24 >>> if the large majority of packages are going to be taking advantage of a
25 >>> feature, isnt the logical thing to opt everyone in rather than forcing the
26 >>> majority to opt themselves in ?
27 >> It really depends on the pros/cons applying something on a *global*
28 >> scale, like you propose. A package manager (such as portage) will
29 >> never be able to make debug-build decisions that work well for *every*
30 >> ebuild. That's why it's better for ebuilds to make those decisions
31 >> themselves (with the help of eclasses).
32 >
33 > I would think that your argument would depend on the probability of a
34 > package being an exception to the general rule. How many packages
35 > actually fail to do what is expected when compiled with -g and nostrip
36 > (noting that those cases without binaries to strip don't count)?
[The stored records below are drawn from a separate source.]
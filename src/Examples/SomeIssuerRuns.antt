-- ===== src/Examples/SomeIssuerRuns.antt =====
-- Tests of the example issuer.
use concordium_web3id.Common.{
  ◌≡◌, ◌↔◌, refl, String, none, some, List, [], ◌∷◌, ◌++◌, Result, ok, All,
}
use concordium_web3id.SomeIssuer.Issuance.{
  Request, discord, Site, IssueRequest, Response, issued, Wallet, NodeAnswer, finalized, not_found,
  returned, wait, request_credential, notified, on_submit, on_finalized,
}
use concordium_web3id.SomeIssuer.Issuance.Waiting.{unknown, wait_ends}
use concordium_web3id.SomeIssuer.Issuance.Outcome.{
  shown, blank, done_with, IsIssued, request_credential_shown_iff,
}
use concordium_web3id.SomeIssuer.Toast
use concordium_web3id.SomeIssuer.Toast.Seconds.{waiting}
use concordium_web3id.SomeIssuer.Discord.{
  Message, success, open_discord_verification, on_discord_window_message,
}
use concordium_web3id.SomeIssuer.Discord.Session.{
  Event, react, opened, received, accepted, logins, IsAnswer, accepted_safe,
}

wait_ends_example : wait (unknown 3 ++ finalized ∷ []) ≡ (returned, 4)
wait_ends_example = wait_ends 3 finalized [] refl

abbrev holder : String
holder = "1fd2a5"

abbrev site : Site
site = record {
  url = "https://issuer.example.org/";
  network = "testnet";
  index = "5463";
  subindex = "0";
}

abbrev request : Request String
request = discord "182" "someone"

abbrev server : IssueRequest String → Response String
server r = issued "c0ffee" r.holder_id

abbrev wallet : Wallet String
wallet = record { offer = λ c url. ok "did:ccd:testnet:pkc:1fd2a5"; receive = λ proof. ok tt }

abbrev node : String → List NodeAnswer
node tx_hash = not_found ∷ finalized ∷ []

abbrev connected : Result String (Wallet String)
connected = ok wallet

request_credential_shown_iff_example :
    (shown (request_credential site "now" "later" request connected server node).notices blank
      ≡ done_with "c0ffee")
    ↔ ((w : Wallet String) × (connected ≡ ok w)
        × IsIssued site "now" "later" request server w "c0ffee"
        × ((wait (node "c0ffee")).0 ≡ returned))
request_credential_shown_iff_example =
    request_credential_shown_iff site "now" "later" request server connected node "c0ffee"

-- Two requests at once: the first one's finalization is shown for the second one's transaction.
mixed_up_test :
    shown (on_submit "first" ∷ on_submit "second" ∷ on_finalized ∷ []) blank ≡ done_with "second"
unfolding notified
mixed_up_test = refl

abbrev answer : Message
answer = record {
  source = 1;
  origin = "https://issuer.example.org";
  state = some "V1StGXR8";
  content = success "182" "someone";
}

abbrev session : List Event
session = opened "V1StGXR8" (some 1) ∷ received answer ∷ []

accepted_safe_example :
    All
      (IsAnswer site.url (logins session))
      (accepted site.url session (record { oauth2_state = none; oauth_window = none }))
accepted_safe_example = accepted_safe site.url session

-- The state is not used up: the same message makes a second request.
abbrev replayed : List Event
replayed = opened "V1StGXR8" (some 1) ∷ received answer ∷ received answer ∷ []

replayed_test :
    accepted site.url replayed (record { oauth2_state = none; oauth_window = none })
    ≡ answer ∷ answer ∷ []
unfolding accepted react open_discord_verification on_discord_window_message
replayed_test = refl

-- The seconds of the first transaction do not count for the second.
toast_run :
    Toast.status_toast "testnet" (
      Toast.react_all
        (Toast.noticed (on_submit "0123456789ab")
          ∷ Toast.second_passed
          ∷ Toast.noticed on_finalized
          ∷ Toast.second_passed
          ∷ Toast.noticed (on_submit "89abcdef0123")
          ∷ waiting 2)
        Toast.initial)
    ≡ Toast.body
        (Toast.scan_url "testnet" "89abcdef0123")
        "89abcdef01"
        (some "Awaiting finalization: ..")
unfolding Toast.status_toast Toast.react Toast.notice notified
toast_run = refl
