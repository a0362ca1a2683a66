-- ===== src/SomeVerifier/Removal.antt =====
-- `RemoveVerification` of
-- examples/some-verifier/frontend/src/components/RemoveVerification.tsx: the state of its dialog, and
-- its handlers `submit` and `reset`. `submit` is given what it awaits: the challenge (the hash of the
-- time), how the wallet's provider ends, and the functions that ask for the proof and send it.
use concordium_web3id.Common.{
  ◌≡◌, ◌↔◌, String, Bool, true, false, Option, none, some, List, [], ◌∷◌, Result, ok, err, is_blank,
  arith, Result-cases, Bool-cases, inl, inr,
}

pub record Removal : Type 0 where
  pub pending : Bool
  pub removed : Bool
  pub error : Option String

pub record Response (Thrown : Type 0) : Type 0 where
  pub is_ok : Bool
  pub text : Result Thrown String

abbrev no_platform : String
no_platform = "Expected form data to include platform value"

abbrev pub not_removed : String
not_removed = "Could not remove verification. Try another platform."

module _ {Api Issuer Proof Thrown : Type 0} (issuer : String → Issuer)
    (request_proof : Api → List Issuer → String → Result Thrown Proof)
    (patch : Proof → String → Result Thrown (Response Thrown)) where
  -- The second `try` block: whether it threw, whatever it threw.
  unfoldable pub remove : Api → String → (challenge timestamp : String) → Bool
  remove api platform challenge timestamp =
      elim (request_proof api (issuer platform ∷ []) challenge) [
        | err e ↦ false
        | ok proof ↦ elim (patch proof timestamp) [ err e ↦ false | ok response ↦ response.is_ok ]
      ]

  -- The state after `submit`, and whether it threw; the provider fails with a message.
  unfoldable pub submit :
      Option String
      → (challenge timestamp : String) → Result String Api
      → Removal
      → Removal × Result String (Unit {0})
  unfolding remove
  submit none challenge timestamp provider d = (d, err no_platform)
  submit (some platform) challenge timestamp provider d = elim (is_blank platform) [
    | true ↦ (d, err no_platform)
    | false ↦ elim provider [
      | err message ↦ (record d { pending = true; error = some message }, ok tt)
      | ok api ↦ elim (remove api platform challenge timestamp) [
        | true ↦ (record d { pending = false; removed = true }, ok tt)
        | false ↦ (record d { pending = false; error = some not_removed }, ok tt)
      ]
    ]
  ]

  -- With a platform and a wallet, a submission ends the waiting, and a verification that was not
  -- removed is removed exactly when the wallet proves the credential of that platform's issuer for
  -- the challenge and the service answers the proof with an OK status.
  pub submit_removes_iff :
      (platform challenge timestamp : String) (api : Api) (d : Removal)
      → is_blank platform ≡ false
      → d.removed ≡ false
      → let d' = (submit (some platform) challenge timestamp (ok api) d).0 in
        (d'.pending ≡ false)
        × ((d'.removed ≡ true) ↔ (
            (proof : Proof) × (response : Response Thrown) × (request_proof api
                (issuer platform ∷ [])
                challenge
              ≡ ok proof)
            × (patch proof timestamp ≡ ok response)
            × (response.is_ok ≡ true)))
  unfolding submit remove
  submit_removes_iff platform challenge timestamp api d given fresh =
      elim (Result-cases (request_proof api (issuer platform ∷ []) challenge)) [
        | inr (e, refused) ↦ (ground arith, ground arith)
        | inl (proof, proved) ↦ elim (Result-cases (patch proof timestamp)) [
          | inr (e, failed) ↦ (ground arith, ground arith)
          | inl (response, answered) ↦ elim (Bool-cases response.is_ok) [
            | inl good ↦
                (ground arith, (λ h. (proof, response, proved, answered, good), λ h. ground arith))
            | inr bad ↦ (ground arith, ground arith)
          ]
        ]
      ]

  -- Where the wallet's provider fails, the message is recorded but the dialog stays pending.
  pub failed_provider_stays_pending :
      (platform challenge timestamp message : String) (d : Removal)
      → is_blank platform ≡ false
      → let d' = (submit (some platform) challenge timestamp (err message) d).0 in
        (d'.pending ≡ true) × (d'.error ≡ some message) × (d'.removed ≡ d.removed)
  unfolding submit
  failed_provider_stays_pending platform challenge timestamp message d given = ground arith

-- `reset`, when the dialog has closed.
unfoldable pub reset : Removal → Removal
reset d = record { pending = false; removed = false; error = none }
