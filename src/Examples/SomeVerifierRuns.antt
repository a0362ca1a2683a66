-- ===== src/Examples/SomeVerifierRuns.antt =====
-- Tests of the example verifier.
use concordium_web3id.Common.{
  ◌≡◌, ◌↔◌, refl, String, true, false, none, some, List, [], ◌∷◌, Result, ok,
}
use concordium_web3id.SomeVerifier.Proofs.{Issuer, Call, request_proof}
use concordium_web3id.SomeVerifier.Removal.{Removal, Response, submit, submit_removes_iff}

abbrev telegram : Issuer
telegram = record { url = "https://example.org"; index = "5463"; subindex = "0" }

abbrev address : String → String → Result String String
address index subindex = ok index

abbrev all_calls : List (Call String) → List (Call String)
all_calls calls = calls

abbrev answering : String → List (Call String) → Result String String
answering challenge calls = ok challenge

request_run :
    request_proof address all_calls answering (telegram ∷ []) "challenge" true false
    ≡ ok "challenge"
unfolding request_proof
request_run = refl

abbrev same_issuer : String → String
same_issuer platform = platform

abbrev proving : String → List String → String → Result String String
proving api issuers challenge = ok challenge

abbrev patching : String → String → Result String (Response String)
patching proof timestamp = ok (record { is_ok = true; text = ok "" })

abbrev open_dialog : Removal
open_dialog = record { pending = false; removed = false; error = none }

submit_removes_iff_example :
    let d' =
      (submit same_issuer proving patching (some "discord") "c" "t" (ok "api") open_dialog).0 in
    (d'.pending ≡ false)
    × ((d'.removed ≡ true) ↔ (
        (proof : String) × (response : Response String) × (proving "api" ("discord" ∷ []) "c"
          ≡ ok proof)
        × (patching proof "t" ≡ ok response)
        × (response.is_ok ≡ true)))
submit_removes_iff_example =
    submit_removes_iff same_issuer proving patching "discord" "c" "t" "api" open_dialog refl refl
37 > Unless that percentage is significant, then I would think that a simple
38 > solution that handles the common case is a very good thing.
39
40 Again, it's a slippery slope...
41
42 > Wouldn't the "simple" solution be to have package.* files that allow the
43 > user to specify FEATURES, CFLAGS, and CXXFLAGS per package? (Of course,
44 > I do realize that it's the lack of such files that lead vapier to
45 > propose his solution, which is rather more convenient for one-off
46 > builds.)
47
48 Well, I'd say that per-package environment variables would be a better way to implement per-package CFLAGS, CXXFLAGS, etc.. There is a patch attached to bug 44796 that implements this. Note that the debug-build.bashrc attached to my last post actually allows per-package debug-build via package.use.